Pick out 1-5 contigs that you find interesting based on the tool predictions. Grab their sequences from the contig fasta file and go to the BLAST website. Pick out one or two BLAST flavours that you deem appropriate and BLAST the interesting contigs. If you have questions about running BLAST, don’t hesitate to ask one of us. What kind of organisms do you find in your hits?
We might also want to take a look at which tools make the most similar predictions. For this, we will make a distance matrix and a correlation matrix.
Challenge: Distance and Correlation Matrices
Find out which tools make the most similar predictions by making a euclidean distance matrix and a preason correlation matrix for all four tools.

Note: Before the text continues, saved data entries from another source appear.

-- ===== src/Disk/Paths.antt =====
-- adapters/disk_storage.rs, `build_path`, and std's `Path`: its components, as on Unix.
use tortue.Prelude.{
  ◌∷◌, ◌++◌, Bytes, List, [], Bool, true, false, ◌||◌, ◌&&◌, not, Option, none, some, Result, ok,
  err, ◌==◌, bytes_beq, codes, if◌then◌else◌, is_empty,
}
use tortue.Disk.Files.{IoError}

pub data Error : Type 0 where
  io : IoError → Error
  path_traversal invalid_file : Error

pub data Component : Type 0 where
  cur_dir parent_dir : Component
  normal : Bytes → Component

-- A path is told by its components: std compares paths by them.
pub record FilePath : Type 0 where
  pub is_absolute : Bool
  pub components : List Component

-- What stands between slashes. The last piece comes first of all as `piece` grows.
unfoldable pub split : Bytes → Bytes → List Bytes
split piece [] = piece ∷ []
split piece (c ∷ s) =
    let longer = split (piece ++ c ∷ []) s in
    let next = split [] s in if c == b'/' then piece ∷ next else longer

-- An empty piece is no component, nor is a dot behind the first.
unfoldable pub components_of : Bool → List Bytes → List Component
components_of first [] = []
components_of first (p ∷ pieces) =
    let more = components_of false pieces in
    if is_empty p
    then more
    else if bytes_beq p (codes "..")
    then parent_dir ∷ more
    else if bytes_beq p (codes ".")
    then (if first then cur_dir ∷ more else more)
    else normal p ∷ more

abbrev pub starts_with_slash : Bytes → Bool
starts_with_slash [] = false
starts_with_slash (c ∷ s) = c == b'/'

-- `Path::new`
unfoldable pub path_of : Bytes → FilePath
unfolding split components_of
path_of s = record {
  is_absolute = starts_with_slash s;
  components = components_of true (split [] s);
}

abbrev pub empty_path : FilePath
empty_path = record { is_absolute = false; components = [] }

-- A leading dot is a component of a relative path only.
abbrev pub without_dot : List Component → List Component
without_dot [] = []
without_dot (cur_dir ∷ cs) = cs
without_dot (parent_dir ∷ cs) = parent_dir ∷ cs
without_dot (normal p ∷ cs) = normal p ∷ cs

abbrev pub join_components : FilePath → FilePath → List Component
join_components root p =
    if is_empty root.components && not root.is_absolute
    then p.components
    else root.components ++ without_dot p.components

-- `join` and `push`: an absolute path replaces the one that it is joined to.
unfoldable pub join : FilePath → FilePath → FilePath
join root p =
    if p.is_absolute
    then p
    else record { is_absolute = root.is_absolute; components = join_components root p }

-- `PathBuf::from_iter`
unfoldable pub from_iter : FilePath → List Bytes → FilePath
unfolding join path_of
from_iter p [] = p
from_iter p (s ∷ more) = from_iter (join p (path_of s)) more

abbrev pub is_parent_dir : Component → Bool
is_parent_dir parent_dir = true
is_parent_dir _ = false

unfoldable pub any_parent_dir : List Component → Bool
any_parent_dir [] = false
any_parent_dir (c ∷ cs) = is_parent_dir c || any_parent_dir cs

unfoldable pub build_path : FilePath → FilePath → Result Error FilePath
unfolding any_parent_dir join
build_path root p =
    if p.is_absolute || any_parent_dir p.components then err path_traversal else ok (join root p)

-- All but the last.
unfoldable pub init : List Component → List Component
init [] = []
init (c ∷ []) = []
init (c ∷ d ∷ cs) = c ∷ init (d ∷ cs)

-- `Path::parent`
unfoldable pub parent : FilePath → Option FilePath
unfolding init
parent p =
    if is_empty p.components then none else some (record p { components = init p.components })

Hint Don’t forget to exclude the first column from the distance and correlation functions.
Solution
# Make a euclidean distance matrix for binary annotation > pred.t <- t(pred[,2:5]) > dist.binary<-dist(pred.t, method="euclidean") # Make a euclidean distance matrix for continuous annotation > predScores.t <- t(predScores[,2:5]) > dist.cont<-dist(predScores.t, method="euclidean") # Make a correlation matrix for continuous annotation > dist.corr<-as.dist(cor(predScores[,2:5], method='pearson'))
Finally, let us calculate, for each tool, the sensitivity metric. Sensitivity is a measure for how many of the viral sequences are detected compared to how many viral sequences are in the dataset. So, if True Positives (TP) are correctly annotated viral sequences, and False Negatives (FN) are viral sequences that were not detected by a tool, then: Sensitivity= TP/(TP+FN)
Challenge: Sensitivity
Calculate the sensitivity for each tool. Since we are working with a viromics dataset, you can assume all sequences are viral.

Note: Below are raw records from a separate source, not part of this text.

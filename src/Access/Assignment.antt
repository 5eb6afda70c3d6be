-- ===== src/Access/Assignment.antt =====
-- Granting and revoking access: what an assignment gives its user, that a pair has at most one, and
-- that nothing is left after `unassign`.
use in_work_marketing_os_bac.Base.{
  ℕ, ◌≤◌, Bool, true, false, Option, none, some, List, [], ◌∷◌, ◌++◌, ◌≡◌, refl, ◌||◌, ◌==◌, arith,
  ==_refl, contains, count, find_by, remove_if, if◌then◌else◌, Option-cases, inl, inr,
}
use in_work_marketing_os_bac.Base.Rows.{find_by-append, count-append, count_zero, find_by-remove_if}
use in_work_marketing_os_bac.Errors.{ok}
use in_work_marketing_os_bac.Model.Enums.{
  UserRole, is_admin, is_manager, ClientCapability, capability_eq,
}
use in_work_marketing_os_bac.Model.Tables.{User, ClientAssignment, Db, Env}
use in_work_marketing_os_bac.Access.{
  sorted_caps, of_pair, get_assignment, can_access, effective_capabilities, apply_assign,
  apply_unassign, assigned_capabilities,
}
use in_work_marketing_os_bac.Access.Capability.{capabilities_roundtrip}

abbrev pub granted : Option (List ClientCapability) → ClientCapability → Bool
granted none c = true
granted (some caps) c =
    contains capability_eq c caps || contains capability_eq ClientCapability.admin caps

-- Unique constraint of `client_assignments`: a user has at most one assignment to a client.
abbrev pub IsUnique : Db → Type 0
IsUnique db = (c u : ℕ) → count (of_pair c u) db.assignments ≤ 1

-- What a successful `_apply_assign` has done.
apply_assign_ok :
    (env : Env) (db : Db) (client_id user_id assigned_by : ℕ)
    (caps : Option (List ClientCapability)) (db' : Db) (a : ClientAssignment)
    → apply_assign env db client_id user_id assigned_by caps ≡ ok (db', a)
    → (find_by (of_pair client_id user_id) db.assignments ≡ none)
      × (db'.assignments ≡ db.assignments ++ a ∷ [])
      × (a.client_id ≡ client_id)
      × (a.user_id ≡ user_id)
      × (a.capabilities ≡ sorted_caps caps)
unfolding apply_assign get_assignment
apply_assign_ok env db client_id user_id assigned_by caps db' a h = ground arith

-- If no pair of a client and a user is assigned twice, that stays so after a successful assignment.
apply_assign-IsUnique :
    (env : Env) (db : Db) (client_id user_id assigned_by : ℕ)
    (caps : Option (List ClientCapability)) (db' : Db) (a : ClientAssignment)
    → IsUnique db
    → apply_assign env db client_id user_id assigned_by caps ≡ ok (db', a)
    → IsUnique db'
unfolding count
apply_assign-IsUnique env db client_id user_id assigned_by caps db' a unique h c u =
    let (fresh, rows, of_client, of_user, _) =
      apply_assign_ok env db client_id user_id assigned_by caps db' a h in
    rw rows (
      ground (
        arith,
        count-append (of_pair c u) db.assignments (a ∷ []),
        unique c u,
        count_zero (of_pair client_id user_id) db.assignments fresh,
        of_client,
        of_user,
      ))

get_assignment-append :
    (db : Db) (u : User) (client_id : ℕ) (db' : Db) (a : ClientAssignment)
    → find_by (of_pair client_id u.id) db.assignments ≡ none
    → db'.assignments ≡ db.assignments ++ a ∷ []
    → a.client_id ≡ client_id
    → a.user_id ≡ u.id
    → get_assignment db' client_id u.id ≡ some a
unfolding get_assignment find_by
get_assignment-append db u client_id db' a fresh rows of_client of_user = rw rows (
    ground (
      arith,
      find_by-append (of_pair client_id u.id) db.assignments (a ∷ []),
      fresh,
      of_client,
      of_user,
      ==_refl client_id,
      ==_refl u.id,
    ))

granted_to :
    (role : UserRole) (a : ClientAssignment) (caps : Option (List ClientCapability))
    (c : ClientCapability)
    → is_admin role ≡ false
    → a.capabilities ≡ sorted_caps caps
    → assigned_capabilities role (some a) c ≡ (if is_manager role then true else granted caps c)
granted_to UserRole.admin a caps c plain stored = cc
granted_to UserRole.manager a caps c plain stored = refl
granted_to UserRole.user a none c plain stored = rw stored (capabilities_roundtrip [] c).1
granted_to UserRole.user a (some caps) c plain stored = rw stored (capabilities_roundtrip caps c).0

-- After a successful assignment the user, if no admin, holds on the client what was granted: every
-- capability for a manager or for no list, else those listed, or all if the list has `admin`.
assign_grants :
    (env : Env) (db : Db) (u : User) (client_id assigned_by : ℕ)
    (caps : Option (List ClientCapability)) (db' : Db) (a : ClientAssignment) (c : ClientCapability)
    → apply_assign env db client_id u.id assigned_by caps ≡ ok (db', a)
    → is_admin u.role ≡ false
    → (can_access db' u client_id ≡ true)
      × (effective_capabilities db' u client_id c
          ≡ (if is_manager u.role then true else granted caps c))
unfolding effective_capabilities can_access
assign_grants env db u client_id assigned_by caps db' a c h plain =
    let (fresh, rows, of_client, of_user, stored) =
      apply_assign_ok env db client_id u.id assigned_by caps db' a h in
    let found = get_assignment-append db u client_id db' a fresh rows of_client of_user in
    (ground (arith, found), rw (found, plain) (granted_to u.role a caps c plain stored))

get_assignment-unassign :
    (env : Env) (db : Db) (u : User) (client_id : ℕ) (db' : Db)
    → IsUnique db
    → apply_unassign env db client_id u.id ≡ ok db'
    → get_assignment db' client_id u.id ≡ none
unfolding apply_unassign get_assignment
get_assignment-unassign env db u client_id db' unique h =
    elim (Option-cases (find_by (of_pair client_id u.id) db.assignments)) [
      | inl nothing ↦ absurd (ground arith)
      | inr (a, found) ↦
          let rows : db'.assignments ≡ remove_if (λ x. x.id == a.id) db.assignments =
            ground arith in
          rw rows (
            find_by-remove_if (of_pair client_id u.id) (λ x. x.id == a.id) db.assignments a found
              (==_refl a.id) (unique client_id u.id))
    ]

-- If no pair of a client and a user is assigned twice, a user who is no admin has no access to the
-- client and no capability there after a successful `unassign`.
pub unassign_revokes :
    (env : Env) (db : Db) (u : User) (client_id : ℕ) (db' : Db) (c : ClientCapability)
    → IsUnique db
    → apply_unassign env db client_id u.id ≡ ok db'
    → is_admin u.role ≡ false
    → (can_access db' u client_id ≡ false) × (effective_capabilities db' u client_id c ≡ false)
unfolding effective_capabilities can_access
unassign_revokes env db u client_id db' c unique h plain =
    let gone = get_assignment-unassign env db u client_id db' unique h in
    (ground (arith, gone), rw (gone, plain))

Hint For VirFinder and DeepVirFinder, use a score of >0.5.
Solution
# PPR-Meta > number_of_detected_contigs/number_of_contigs # VirFinder > number_of_detected_contigs/number_of_contigs # DeepVirFinder > number_of_detected_contigs/number_of_contigs # VirSorter: number of sequences annotated as viral > sum(predVirSorter$pred==1) > sum(predVirSorter$pred==1)/number_of_contigs
If you have some extra time before our shared discussion, you can make some additional heatmaps for different ranges of contigs. You can also try and see how the correlation matrix changes when you include only longer/shorter contigs.

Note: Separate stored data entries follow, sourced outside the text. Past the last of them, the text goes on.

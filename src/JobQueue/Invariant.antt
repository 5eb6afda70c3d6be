-- ===== src/JobQueue/Invariant.antt =====
-- The invariant of the job table: ids are unique, a client has at most one running job, and no job
-- is tried more often than its `max_attempts`.
use in_work_marketing_os_bac.Base.{
  ℕ, ◌≤◌, ◌<◌, Bool, true, some, List, ◌≡◌, arith, find_by, update_if, count, bit,
}
use in_work_marketing_os_bac.Base.Lists.{All}
use in_work_marketing_os_bac.Base.Rows
use in_work_marketing_os_bac.Base.Rows.{count-update_le, count_pos, All-update_if}
use in_work_marketing_os_bac.Model.Enums.{is_queued}
use in_work_marketing_os_bac.Model.Tables.{IntelJob}
use in_work_marketing_os_bac.JobQueue.{has_id, running_for}

abbrev pub IsBounded : IntelJob → Type 0
IsBounded j =
    (j.attempts ≤ j.max_attempts) × (is_queued j.status ≡ true → j.attempts < j.max_attempts)

pub record IsSound (jobs : List IntelJob) : Type 0 where
  pub one_row : (i : ℕ) → count (has_id i) jobs ≤ 1
  pub one_running : (client : ℕ) → count (running_for client) jobs ≤ 1
  pub bounded : All IsBounded jobs

-- A change of rows that keeps ids and attempts in order and starts no job keeps the invariant.
pub update-IsSound :
    (q : IntelJob → Bool) (f : IntelJob → IntelJob) (jobs : List IntelJob)
    → ((i : ℕ) (j : IntelJob) → bit (has_id i (f j)) ≤ bit (has_id i j))
    → ((c : ℕ) (j : IntelJob) → bit (running_for c (f j)) ≤ bit (running_for c j))
    → ((j : IntelJob) → q j ≡ true → IsBounded j → IsBounded (f j))
    → IsSound jobs
    → IsSound (update_if q f jobs)
update-IsSound q f jobs same_id none_started keeps s = record {
  one_row = λ i. omega (arith, count-update_le (has_id i) q f jobs (same_id i), s.one_row i);
  one_running = λ c.
      omega (arith, count-update_le (running_for c) q f jobs (none_started c), s.one_running c);
  bounded = All-update_if IsBounded q f jobs keeps s.bounded;
}

abbrev IsFound : List IntelJob → IntelJob → Type 0
IsFound jobs x = find_by (has_id x.id) jobs ≡ some x

-- With unique ids, a SELECT by the id of a row finds that row.
pub self_lookup :
    (jobs : List IntelJob) → ((i : ℕ) → count (has_id i) jobs ≤ 1) → All (IsFound jobs) jobs
self_lookup = Rows.self_lookup (λ (j : IntelJob). j.id)

-- All rows with the id of a row that was found are that row.
pub only_row :
    (jobs : List IntelJob) (i : ℕ) (r : IntelJob)
    → ((k : ℕ) → count (has_id k) jobs ≤ 1)
    → find_by (has_id i) jobs ≡ some r
    → All (λ x. has_id i x ≡ true → x ≡ r) jobs
only_row = Rows.only_row (λ (j : IntelJob). j.id)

For the second part of this section, we will have a shared discussion about our research projects and how to choose the right tool for our purposes.
Key Points
The different tools often agree, but often disagree on whether a contig is viral. This is to an extent affected by the length of the contig.
Even for current state-of-the-art tools, getting a high sensitivity is hard.
Some tools make more similar predictions than others.